■ Work to be completed ■
From the records below, output exactly the lines running from the line containing "encode_trees nil = []" through the line containing "option_map f (some a) = some (f a)", and no others.

■ Source data ■
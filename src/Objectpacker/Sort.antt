-- ===== src/Objectpacker/Sort.antt =====
-- `sort.Slice` by `bytes.Compare` on the keys, as an insertion sort.
pub mod Order
use icinga_go_library.Prelude.{
  ℕ, Bool, true, false, ◌&&◌, ◌||◌, List, [], ◌∷◌, ltb, ◌==◌, if◌then◌else◌,
}
use icinga_go_library.Objectpacker.Value.{Bytes}

-- `bytes.Compare(a, b) < 0`
unfoldable pub less : Bytes → Bytes → Bool
less [] [] = false
less [] (b ∷ bs) = true
less (a ∷ s) [] = false
less (a ∷ s) (b ∷ bs) = ltb a b || (a == b && less s bs)

module _ {ℓ} {A : Type ℓ} where
  unfoldable pub insert_key : Bytes × A → List (Bytes × A) → List (Bytes × A)
  insert_key (k, a) [] = (k, a) ∷ []
  insert_key (k, a) ((j, b) ∷ l) =
      if less j k then (j, b) ∷ insert_key (k, a) l else (k, a) ∷ (j, b) ∷ l

  unfoldable pub sort_keys : List (Bytes × A) → List (Bytes × A)
  unfolding insert_key
  sort_keys [] = []
  sort_keys (p ∷ l) = insert_key p (sort_keys l)
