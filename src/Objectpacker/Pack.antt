-- ===== src/Objectpacker/Pack.antt =====
-- `packValue` and `packString` of objectpacker/objectpacker.go.
use icinga_go_library.Prelude.{
  ℕ, zero, suc, true, false, Option, none, some, List, [], ◌∷◌, length, if◌then◌else◌,
}
use icinga_go_library.Objectpacker.Value.{
  Bytes, GoType, Value, Values, Entries, invalid, bool, float64, string, bytes, list, interface,
  map, nil_pointer, pointer, unsupported, nil, cons, end, entry, zero_packs,
}
use icinga_go_library.Objectpacker.Writer.{
  Writer, Outcome, wrote, failed, panicked, Action, ◌>>◌, done, panic, put, big_endian, discard,
}
use icinga_go_library.Objectpacker.Sort.{sort_keys}

unfoldable pub count_values : Values → ℕ
count_values nil = 0
count_values (cons v vs) = suc (count_values vs)

unfoldable pub count_entries : Entries → ℕ
count_entries end = 0
count_entries (entry k v es) = suc (count_entries es)

unfoldable pub pack_string : (w : Writer) → Bytes → Action w
unfolding put big_endian
pack_string w s = do put w (4 ∷ []); put w (big_endian (length s)); put w s

-- packing a fictive zero value into io.Discard: nothing is written, and it panics on a bad type
unfoldable pub pack_zero : (w : Writer) → GoType → Action w
unfolding done panic
pack_zero w t = if zero_packs t then done w else panic w

unfoldable pub pack_zero_if : (w : Writer) → ℕ → GoType → Action w
unfolding pack_zero done
pack_zero_if w zero t = pack_zero w t
pack_zero_if w (suc n) t = done w

-- the loop over the sorted pairs
unfoldable pub put_pairs : (w : Writer) → List (Bytes × Action w) → Action w
unfolding done put
put_pairs w [] = done w
put_pairs w ((k, value) ∷ l) = do put w (big_endian (length k)); put w k; value; put_pairs w l

-- the pairs of a map, unless one of the keys panicked
unfoldable pub put_sorted : (w : Writer) → Option (List (Bytes × Action w)) → Action w
unfolding panic put_pairs
put_sorted w none = panic w
put_sorted w (some l) = put_pairs w (sort_keys l)

abbrev pub add_pair {ℓ} :
    {A : Type ℓ} → Option Bytes → A → Option (List (Bytes × A)) → Option (List (Bytes × A))
add_pair none a l = none
add_pair (some k) a none = none
add_pair (some k) a (some l) = some ((k, a) ∷ l)

-- `sprint` is fmt.Sprint. An array of uint8 is its own key; each other key is printed, and packed
-- into io.Discard first, which has the outcome given.
module _ (sprint : Value → Bytes) where
  unfoldable pub map_key : Value → Outcome (Unit {0}) → Option Bytes
  map_key (bytes true k) _ = some k
  map_key k (wrote s) = some (sprint k)
  map_key k (failed s) = some (sprint k)
  map_key k panicked = none

  unfoldable mutual
    unfolding put big_endian pack_string done panic pack_zero pack_zero_if put_sorted map_key

    pub pack_value : (w : Writer) → Value → Action w
    pack_value w invalid = put w (0 ∷ [])
    pack_value w (bool true) = put w (2 ∷ [])
    pack_value w (bool false) = put w (1 ∷ [])
    pack_value w (float64 bits) = do put w (3 ∷ []); put w (big_endian bits)
    pack_value w (string s) = pack_string w s
    pack_value w (bytes is_array s) = pack_string w s
    pack_value w (list t vs) = do
      put w (5 ∷ [])
      put w (big_endian (count_values vs))
      pack_values w vs
      pack_zero_if w (count_values vs) t
    pack_value w (interface v) = pack_value w v
    pack_value w (map k t es) = do
      put w (6 ∷ [])
      put w (big_endian (count_entries es))
      put_sorted w (pack_entries w es)
      pack_zero_if w (count_entries es) k
      pack_zero_if w (count_entries es) t
    -- The fictive value is packed whether or not the write failed, so its panic comes first.
    pack_value w (nil_pointer t) = do pack_zero w t; put w (0 ∷ [])
    pack_value w (pointer v) = pack_value w v
    pack_value w unsupported = panic w

    pub pack_values : (w : Writer) → Values → Action w
    pack_values w nil = done w
    pack_values w (cons v vs) = do pack_value w v; pack_values w vs

    -- the keys, and the packing of each value that is run behind the sort
    pub pack_entries : (w : Writer) → Entries → Option (List (Bytes × Action w))
    pack_entries w end = some []
    pack_entries w (entry k v es) =
        add_pair (map_key k (pack_value discard k tt)) (pack_value w v) (pack_entries w es)
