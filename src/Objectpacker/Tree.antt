-- ===== src/Objectpacker/Tree.antt =====
-- What a packed value says: a tree without the types, pointers and interfaces of Go, whose maps are
-- sorted by their keys. The format that the comment of `PackAny` in objectpacker/objectpacker.go
-- specifies is the function `encode` on such trees.
use icinga_go_library.Prelude.{
  ℕ, zero, suc, Bool, true, false, ◌&&◌, Option, none, some, List, [], ◌∷◌, ◌++◌, length,
}
use icinga_go_library.Objectpacker.Value.{
  Bytes, GoType, Value, Values, Entries, invalid, bool, float64, string, bytes, list, interface,
  map, nil_pointer, pointer, unsupported, zero_packs,
}
use icinga_go_library.Objectpacker.Writer.{big_endian}
use icinga_go_library.Objectpacker.Sort.{sort_keys}
use icinga_go_library.Objectpacker.Pack.{count_values, count_entries, add_pair}

mutual
  pub data Tree : Type 0 where
    null : Tree
    truth : Bool → Tree
    number : ℕ → Tree
    text : Bytes → Tree
    sequence : Trees → Tree
    object : Fields → Tree

  pub data Trees : Type 0 where
    nil : Trees
    cons : Tree → Trees → Trees

  pub data Fields : Type 0 where
    end : Fields
    field : Bytes → Tree → Fields → Fields

unfoldable pub count_trees : Trees → ℕ
count_trees nil = 0
count_trees (cons t ts) = suc (count_trees ts)

unfoldable pub count_fields : Fields → ℕ
count_fields end = 0
count_fields (field k t fs) = suc (count_fields fs)

unfoldable mutual
  pub encode : Tree → Bytes
  encode null = 0 ∷ []
  encode (truth false) = 1 ∷ []
  encode (truth true) = 2 ∷ []
  encode (number bits) = 3 ∷ big_endian bits
  encode (text s) = 4 ∷ (big_endian (length s) ++ s)
  encode (sequence ts) = 5 ∷ (big_endian (count_trees ts) ++ encode_trees ts)
  encode (object fs) = 6 ∷ (big_endian (count_fields fs) ++ encode_fields fs)

  pub encode_trees : Trees → Bytes
  encode_trees nil = []
  encode_trees (cons t ts) = encode t ++ encode_trees ts

  pub encode_fields : Fields → Bytes
  encode_fields end = []
  encode_fields (field k t fs) = big_endian (length k) ++ (k ++ (encode t ++ encode_fields fs))

-- Steps of the meaning of a value; `none` is a panic.
abbrev pub option_map : {A B : Type 0} → (A → B) → Option A → Option B
option_map f none = none
option_map f (some a) = some (f a)

abbrev pub require : {A : Type 0} → Bool → Option A → Option A
require true o = o
require false o = none

abbrev pub add_tree : Option Tree → Option Trees → Option Trees
add_tree none ts = none
add_tree (some t) none = none
add_tree (some t) (some ts) = some (cons t ts)

-- the fields of sorted pairs
unfoldable pub fields_of : List (Bytes × Option Tree) → Option Fields
fields_of [] = some end
fields_of ((k, none) ∷ l) = none
fields_of ((k, some t) ∷ l) = option_map (field k t) (fields_of l)

unfoldable pub sorted_fields : Option (List (Bytes × Option Tree)) → Option Fields
unfolding fields_of
sorted_fields none = none
sorted_fields (some l) = fields_of (sort_keys l)

abbrev pub zero_packs_if : ℕ → GoType → Bool
zero_packs_if zero t = zero_packs t
zero_packs_if (suc n) t = true

module _ (sprint : Value → Bytes) where
  -- the key of a pair, given what its packing would say
  unfoldable pub key_of : Value → Option Tree → Option Bytes
  key_of (bytes true k) _ = some k
  key_of k (some t) = some (sprint k)
  key_of k none = none

  -- What a value means; `none` where packing it panics.
  unfoldable mutual
    unfolding sorted_fields key_of

    pub tree_of : Value → Option Tree
    tree_of invalid = some null
    tree_of (bool b) = some (truth b)
    tree_of (float64 bits) = some (number bits)
    tree_of (string s) = some (text s)
    tree_of (bytes is_array s) = some (text s)
    tree_of (list t vs) =
        require (zero_packs_if (count_values vs) t) (option_map sequence (trees_of vs))
    tree_of (interface v) = tree_of v
    tree_of (map k t es) =
        require (zero_packs_if (count_entries es) k && zero_packs_if (count_entries es) t)
          (option_map object (sorted_fields (pairs_of es)))
    tree_of (nil_pointer t) = require (zero_packs t) (some null)
    tree_of (pointer v) = tree_of v
    tree_of unsupported = none

    pub trees_of : Values → Option Trees
    trees_of Values.nil = some nil
    trees_of (Values.cons v vs) = add_tree (tree_of v) (trees_of vs)

    pub pairs_of : Entries → Option (List (Bytes × Option Tree))
    pairs_of Entries.end = some []
    pairs_of (Entries.entry k v es) = add_pair (key_of k (tree_of k)) (tree_of v) (pairs_of es)
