-- ===== src/Objectpacker/Emit.antt =====
-- Writers on which no write fails, and the actions of objectpacker/objectpacker.go on them, each as one
-- write of all its bytes.
use mathlib.Core.Path.{fun_ext}
use icinga_go_library.Prelude.{
  ℕ, zero, suc, Bool, true, ◌≡◌, refl, sym, ap, ◌∙◌, Option, none, some, [], ◌∷◌, ◌++◌, append-nil,
  append_assoc, length, Bool-cases, inl, inr,
}
use icinga_go_library.Objectpacker.Value.{Bytes, GoType, zero_packs}
use icinga_go_library.Objectpacker.Writer.{
  Writer, wrote, Action, ◌>>◌, done, panic, put, big_endian, discard, buffer,
}
use icinga_go_library.Objectpacker.Pack.{pack_string, pack_zero, pack_zero_if}
use icinga_go_library.Objectpacker.Tree.{option_map, require, zero_packs_if}

-- a writer on which no write fails
pub record IsTotal (w : Writer) : Type 0 where
  pub append : w.State → Bytes → w.State
  pub write_lem : (s : w.State) (p : Bytes) → w.write s p ≡ (append s p, true)
  pub append-append : (s : w.State) (p q : Bytes) → append (append s p) q ≡ append s (p ++ q)
  pub append-nil : (s : w.State) → append s [] ≡ s

pub discard-IsTotal : IsTotal discard
discard-IsTotal = record {
  append = λ s p. tt;
  write_lem = λ s p. refl;
  append-append = λ s p q. refl;
  append-nil = λ s. refl;
}

pub buffer-IsTotal : IsTotal buffer
buffer-IsTotal = record {
  append = λ s p. s ++ p;
  write_lem = λ s p. refl;
  append-append = λ s p q. append_assoc s p q;
  append-nil = λ s. append-nil s;
}

-- the bytes of two actions in turn
abbrev pub then_bytes : Option Bytes → Option Bytes → Option Bytes
then_bytes none q = none
then_bytes (some p) none = none
then_bytes (some p) (some q) = some (p ++ q)

-- an action that writes these bytes in one piece, or panics
unfoldable pub emit : (w : Writer) → Option Bytes → Action w
unfolding panic put
emit w none = panic w
emit w (some p) = put w p

module _ (w : Writer) (t : IsTotal w) where
  pub emit-some : (s : w.State) (p : Bytes) → emit w (some p) s ≡ wrote (t.append s p)
  unfolding emit
  emit-some s p =
      rw (t.write_lem s p, put) (ap (λ (r : w.State × Bool). wrote r.0) (t.write_lem s p))

  after-emit :
      (s : w.State) (p : Bytes) (b : Action w) → (emit w (some p) >> b) s ≡ b (t.append s p)
  after-emit s p b = rw (emit-some s p, ◌>>◌)

  pub emit-emit : (o q : Option Bytes) → (emit w o >> emit w q) ≡ emit w (then_bytes o q)
  emit-emit none q = unfold emit panic in refl
  emit-emit (some p) none = fun_ext λ s. after-emit s p (emit w none) ∙ (unfold emit panic in refl)
  emit-emit (some p) (some q) = fun_ext λ s.
      after-emit s p (emit w (some q))
      ∙ (emit-some (t.append s p) q
          ∙ (ap wrote (t.append-append s p q) ∙ sym (emit-some s (p ++ q))))

  pub done-emit : done w ≡ emit w (some [])
  unfolding done
  done-emit = fun_ext λ s. sym (emit-some s [] ∙ ap wrote (t.append-nil s))

  pub put-emit : (p : Bytes) → put w p ≡ emit w (some p)
  unfolding emit
  put-emit p = refl

  pub panic-emit : panic w ≡ emit w none
  unfolding emit
  panic-emit = refl

  pub pack_string-emit :
      (s : Bytes) → pack_string w s ≡ emit w (some (4 ∷ (big_endian (length s) ++ s)))
  unfolding pack_string emit
  pack_string-emit s =
      ap (λ (b : Action w). emit w (some (4 ∷ [])) >> b)
        (emit-emit (some (big_endian (length s))) (some s))
      ∙ emit-emit (some (4 ∷ [])) (some (big_endian (length s) ++ s))

  pub pack_zero-emit : (t : GoType) → pack_zero w t ≡ emit w (require (zero_packs t) (some []))
  unfolding pack_zero
  pack_zero-emit t = elim (Bool-cases (zero_packs t)) [
    | inl e ↦ rw e done-emit
    | inr e ↦ rw e panic-emit
  ]

  pub pack_zero_if-emit :
      (n : ℕ) (t : GoType) → pack_zero_if w n t ≡ emit w (require (zero_packs_if n t) (some []))
  unfolding pack_zero_if
  pack_zero_if-emit zero t = pack_zero-emit t
  pack_zero_if-emit (suc n) t = done-emit

  pub two-emit :
      (a b : Bytes) (o : Option Bytes)
      → (put w a >> (put w b >> emit w o)) ≡ emit w (option_map (λ p. a ++ (b ++ p)) o)
  unfolding put emit
  two-emit a b none =
      ap (λ (k : Action w). emit w (some a) >> k) (emit-emit (some b) none)
      ∙ emit-emit (some a) none
  two-emit a b (some p) =
      ap (λ (k : Action w). emit w (some a) >> k) (emit-emit (some b) (some p))
      ∙ emit-emit (some a) (some (b ++ p))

■ Expected answer ■
  encode_trees nil = []
  encode_trees (cons t ts) = encode t ++ encode_trees ts

  pub encode_fields : Fields → Bytes
  encode_fields end = []
  encode_fields (field k t fs) = big_endian (length k) ++ (k ++ (encode t ++ encode_fields fs))

-- Steps of the meaning of a value; `none` is a panic.
abbrev pub option_map : {A B : Type 0} → (A → B) → Option A → Option B
option_map f none = none
option_map f (some a) = some (f a)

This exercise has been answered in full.